Research 
Prof. Toohey's research addresses the role of trace gases and aerosols on Earth's atmosphere. He primarily develops and deploys instruments for in situ measurements from the ground, balloons, and aircraft.  He has participated in over 70 field campaigns to examine topics such as stratospheric ozone depletion over the Antarctic and Arctic, the role of aerosols in modification of cloud properties, and exploiting observations of isotolopologues of water vapor for studying cloud microphysics. In addition to many sites throughout the continental United States, he has conducted fieldwork in Alaska, Hawaii, New England, Antarctica, Norway, Sweden, Spitsbergen, New Zealand, Australia, Mexico, Chile, South Korea, and the U.S. Virgin Islands.  For more details, see Web of Science,
Google Scholar, Academia.edu, ResearchGate.
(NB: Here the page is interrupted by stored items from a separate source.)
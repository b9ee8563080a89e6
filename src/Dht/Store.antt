-- ===== src/Dht/Store.antt =====
-- dht.go: `put`, `del`, `mod`, `get`, `link`, and `incIdx` of gossip.go, as transactions.
pub mod Reads
pub mod Effects
pub mod Laws
use Prim.Native.Nat.{bit_and, bit_or}
use holochain.Base.{
  Bytes, ℕ, zero, suc, ◌+◌, List, [], ◌∷◌, ◌++◌, Bool, true, false, Option, none, some, ◌==◌,
  if◌then◌else◌, codes,
}
use holochain.Base.Map.{Map, lookup, insert}
use holochain.Base.Result.{
  Error, Result, ok, err, panic, hash_not_found, hash_deleted, hash_modified, hash_rejected,
  link_not_found, no_such_idx, foreign, ◌>>=◌, ◌>>◌, guard, or_foreign, or_err, or_panic,
}
use holochain.Hash.{Hash, hash_string}
use holochain.Kad.Bucket.{PeerId}

abbrev pub status_default : ℕ
status_default = 0

abbrev pub status_live : ℕ
status_live = 1

abbrev pub status_rejected : ℕ
status_rejected = 2

abbrev pub status_deleted : ℕ
status_deleted = 4

abbrev pub status_modified : ℕ
status_modified = 8

abbrev pub status_any : ℕ
status_any = 255

abbrev pub get_mask_default : ℕ
get_mask_default = 0

abbrev pub get_mask_entry : ℕ
get_mask_entry = 1

abbrev pub get_mask_entry_type : ℕ
get_mask_entry_type = 2

abbrev pub get_mask_sources : ℕ
get_mask_sources = 4

abbrev pub sys_tag_replaced_by : Bytes
sys_tag_replaced_by = codes "__replacedBy"

-- The bodies of the requests between nodes; `other` stands for the rest.
pub data Body : Type 0 where
  put_req : Hash → Body
  del_req mod_req link_req : Hash → Hash → Body
  get_req : (h : Hash) (status_mask get_mask : ℕ) → Body
  link_query : (base : Hash) (t : Bytes) (status_mask : ℕ) → Body
  list_add_req :
      (list_type : Bytes) (peers : List Bytes) (warrant_type : ℕ) (warrant : Bytes) → Body
  app_msg : (zome_type body : Bytes) → Body
  other : ℕ → Body

pub record Message : Type 0 where
  pub type : ℕ
  pub time : Bytes
  pub from : PeerId
  pub body : Body

pub record LinkEvent : Type 0 where
  pub status : ℕ
  pub source : PeerId
  pub links_entry : Bytes

-- `idx` is the value of "_idx", 0 where there is none; the newest message stands first.
pub record Db : Type 0 where
  pub entry : Map Bytes
  pub type : Map Bytes
  pub src : Map PeerId
  pub status : Map ℕ
  pub replaced_by : Map Bytes
  pub link : Map (List LinkEvent)
  pub idx : ℕ
  pub messages : List (ℕ × Message)
  pub fingerprints : Map ℕ
  pub peer : Map ℕ
  pub list : Map Bytes

abbrev pub empty_db : Db
empty_db = record {
  entry = [];
  type = [];
  src = [];
  status = [];
  replaced_by = [];
  link = [];
  idx = 0;
  messages = [];
  fingerprints = [];
  peer = [];
  list = [];
}

-- What other packages do: the text of a hash, `ByteEncoder` (which may refuse a message) and
-- `Message.Fingerprint`.
pub record Codec : Type 0 where
  pub b58 : Bytes → Bytes
  pub encodes : Message → Bool
  pub fingerprint : Message → Option Hash

-- `db.Update`: a transaction whose function returns an error is rolled back.
abbrev pub Tx : Type 0
Tx = Db → Result Db

abbrev pub commit : Db → Result Db → Result (Unit {0}) × Db
commit db (ok db') = (ok tt, db')
commit db (err e) = (err e, db)
commit db panic = (panic, db)

unfoldable pub db_update : Tx → Db → Result (Unit {0}) × Db
db_update tx db = commit db (tx db)

-- The key of a link, behind its prefix.
abbrev pub link_key : Bytes → Bytes → Bytes → Bytes
link_key base link tag = base ++ b':' ∷ (link ++ b':' ∷ tag)

module _ (x : Codec) where
  -- `incIdx`; without a message there is nothing to gossip.
  unfoldable pub inc_idx : Option Message → Tx
  inc_idx none db = ok db
  inc_idx (some m) db = do
    guard (x.encodes m) foreign
    f ← or_foreign (x.fingerprint m)
    let index = db.idx + 1
    ok (record db {
      idx = index;
      messages = (index, m) ∷ db.messages;
      fingerprints = insert (hash_string x.b58 f) index db.fingerprints;
    })

  unfoldable pub put_tx : Option Message → Bytes → Bytes → PeerId → Bytes → ℕ → Tx
  unfolding inc_idx
  put_tx m entry_type k src value status db = do
    db' ← inc_idx m db
    ok (record db' {
      entry = insert k value db'.entry;
      type = insert k entry_type db'.type;
      src = insert k src db'.src;
      status = insert k status db'.status;
    })

  unfoldable pub put :
      Option Message → Bytes → Hash → PeerId → Bytes → ℕ → Db → Result (Unit {0}) × Db
  unfolding put_tx db_update
  put m entry_type key src value status =
      db_update (put_tx m entry_type (hash_string x.b58 key) src value status)

  -- `_setStatus`.
  unfoldable pub set_status : Option Message → Bytes → ℕ → Tx
  unfolding inc_idx
  set_status m key status db = do
    _ ← or_err (lookup key db.entry) hash_not_found
    db' ← inc_idx m db
    ok (record db' { status = insert key status db'.status })

  unfoldable pub del : Option Message → Hash → Db → Result (Unit {0}) × Db
  unfolding set_status db_update
  del m key = db_update (set_status m (hash_string x.b58 key) status_deleted)

  abbrev pub event : PeerId → ℕ → Hash → LinkEvent
  event src status leh = record {
    status = status;
    source = src;
    links_entry = hash_string x.b58 leh;
  }

  -- `_link`: a link's record of events grows; only an existing link can be deleted.
  unfoldable pub add_link : Bytes → Bytes → Bytes → PeerId → ℕ → Hash → Tx
  add_link base link tag src status leh db = elim (lookup (link_key base link tag) db.link) [
    | none ↦
        if status == status_deleted
        then err link_not_found
        else ok (record db {
          link = insert (link_key base link tag) (event src status leh ∷ []) db.link;
        })
    | some records ↦ ok (record db {
      link = insert (link_key base link tag) (records ++ event src status leh ∷ []) db.link;
    })
  ]

  unfoldable pub mod_tx : Message → Bytes → Hash → Tx
  unfolding set_status add_link
  mod_tx m k newkey db = do
    db1 ← set_status (some m) k status_modified db
    let link = hash_string x.b58 newkey
    db2 ← add_link k link sys_tag_replaced_by m.from status_live newkey db1
    ok (record db2 { replaced_by = insert k link db2.replaced_by })

  -- `mod`, which is called with a message.
  unfoldable pub modify : Message → Hash → Hash → Db → Result (Unit {0}) × Db
  unfolding mod_tx db_update
  modify m key newkey = db_update (mod_tx m (hash_string x.b58 key) newkey)

-- `_get`: the value and the error that come back together. A modified entry gives the hash that
-- replaces it as its value.
unfoldable pub masked_get : Bytes → ℕ → ℕ → Bytes × Option Error
masked_get val status mask =
    if bit_and status mask == 0 then (val, some hash_not_found) else (val, none)

unfoldable pub default_get : Bytes → Bytes → ℕ → Db → Result (Bytes × Option Error)
default_get k val status db =
    if status == status_deleted
    then ok (val, some hash_deleted)
    else if status == status_modified
    then (do link ← or_panic (lookup k db.replaced_by); ok (link, some hash_modified))
    else if status == status_rejected
    then ok (val, some hash_rejected)
    else if status == status_live
    then ok (val, none)
    else panic

unfoldable pub get_value : Bytes → ℕ → Db → Result (Bytes × Option Error)
unfolding masked_get default_get
get_value k mask db = elim (lookup k db.entry) [
  | none ↦ ok ([], some hash_not_found)
  | some val ↦ elim (lookup k db.status) [
    | none ↦ ok (val, some foreign)
    | some status ↦
        if mask == status_default
        then default_get k val status db
        else ok (masked_get val status mask)
  ]
]

-- What `get` returns beside its error.
pub record Got : Type 0 where
  pub data_bytes : Bytes
  pub entry_type : Bytes
  pub sources : List PeerId
  pub status : ℕ

abbrev pub no_more : Bytes → Got
no_more val = record { data_bytes = val; entry_type = []; sources = []; status = 0 }

-- The parts that the mask asks for, and the status.
unfoldable pub get_parts : Bytes → Bytes → ℕ → Db → Result Got
get_parts k val mask db = do
  entry_type ←
      (if bit_and mask get_mask_entry_type == 0 then ok [] else or_err (lookup k db.type) foreign)
  sources ←
      (if bit_and mask get_mask_sources == 0
        then ok []
        else (do s ← or_err (lookup k db.src) hash_not_found; ok (s ∷ [])))
  status ← or_err (lookup k db.status) foreign
  ok (record { data_bytes = val; entry_type = entry_type; sources = sources; status = status })

-- What follows `_get` in `get`: its error comes back with its value, the parts are read otherwise.
unfoldable pub finish : Bytes → ℕ → Db → Bytes × Option Error → Result (Got × Option Error)
unfolding get_parts
finish k mask db (val, some why) = ok (no_more val, some why)
finish k mask db (val, none) = do got ← get_parts k val mask db; ok (got, none)

unfoldable pub get_at : Bytes → ℕ → ℕ → Db → Result (Got × Option Error)
unfolding get_value finish
get_at k status_mask get_mask db = get_value k status_mask db >>= finish k get_mask db

abbrev pub effective_mask : ℕ → ℕ
effective_mask mask = if mask == get_mask_default then get_mask_entry else mask

module _ (x : Codec) where
  unfoldable pub get : Hash → ℕ → ℕ → Db → Result (Got × Option Error)
  unfolding get_at
  get key status_mask get_mask =
      get_at (hash_string x.b58 key) status_mask (effective_mask get_mask)

  unfoldable pub exists : Hash → ℕ → Db → Result (Option Error)
  unfolding get_value
  exists key status_mask db = do (val, e) ← get_value (hash_string x.b58 key) status_mask db; ok e

  unfoldable pub source : Hash → Db → Result PeerId
  source key db = or_err (lookup (hash_string x.b58 key) db.src) hash_not_found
His lab is located in a far remote corner on the second floor of the Sustainability, Energy, and Environment Laboratory (SEEL) on East Campus. Most recently, Prof. Toohey developed an ultra-lightweight (<1-kg) laser-absorption spectrometer for measurements of water vapor on high-altitude balloons.

Teaching
Prof. Toohey's first experience as a lecturer was teaching a mechanics laboratory for non-majors at Cal State Fullerton in 1980 while studying physics, chemistry, and mathematics. Since then he has taught two dozen different courses in fields ranging from fundamental physics and chemistry, remote sensing, and instrumentation lab, to global ecology, sustainability, and science policy. Many of these courses he developed and taught for the first time. A full list as of 2025 can be found here.  Prof. Toohey has also taught on Semester at Sea and while serving as an Erskine Fellow at the University of Canterbury, New Zealand. He is currently completing a compilation of all of his lecture notes, slides, homeworks, and exams, of which there several thousand pages. In 2022 he edited a complete set of video lectures for the class he has taught most often, "Our Changing Environment", an introduction to Earth System Science, which dates back to courses he taught at Harvard and UC Irvine.

Science Policy
Prof. Toohey has been involved with issues of science policy dating back to his work on ozone-depleting substances in the 1980s and 1990s. He has been a co-author of multiple assessments of stratospheric ozone and impacts of aircraft on air chemistry and climate. In 2011-2012 he served as a Jefferson Science Fellow at the U.S. Department of State in the Bureau of East Asian and Pacific Affairs, working on issues related to economics and energy security for APEC. He organized a high-level meeting on Open Governance and Economic Growth, chaired by the Secretary of State, served as a delegate for the United States at the 10th APEC Energy Ministerial Meeting, and organized  an APEC Workshop in Singapore on the use of observations to address resilience and disaster response. In 2019 he co-authored an article calling for awareness of the role of increased emissions of rockets on stratospheric circulation, and he is interviewed often about the potential impacts of space launch activities on ozone.

Maybe of further interest
Watch: Understanding Climate Change and the Redistribution of Heat, Winds, Water, and Worries (U.S. Center, Doha Conference, November 2012) 
Watch: The Canary in the Coal Mine: Why the Stratosphere is Still Relevant (U.S. Dept. of State, April 2012)
Read: The Coming Surge of Rocket Emissions (EOS Transactions of the American Geophysical Union, September 24, 2019)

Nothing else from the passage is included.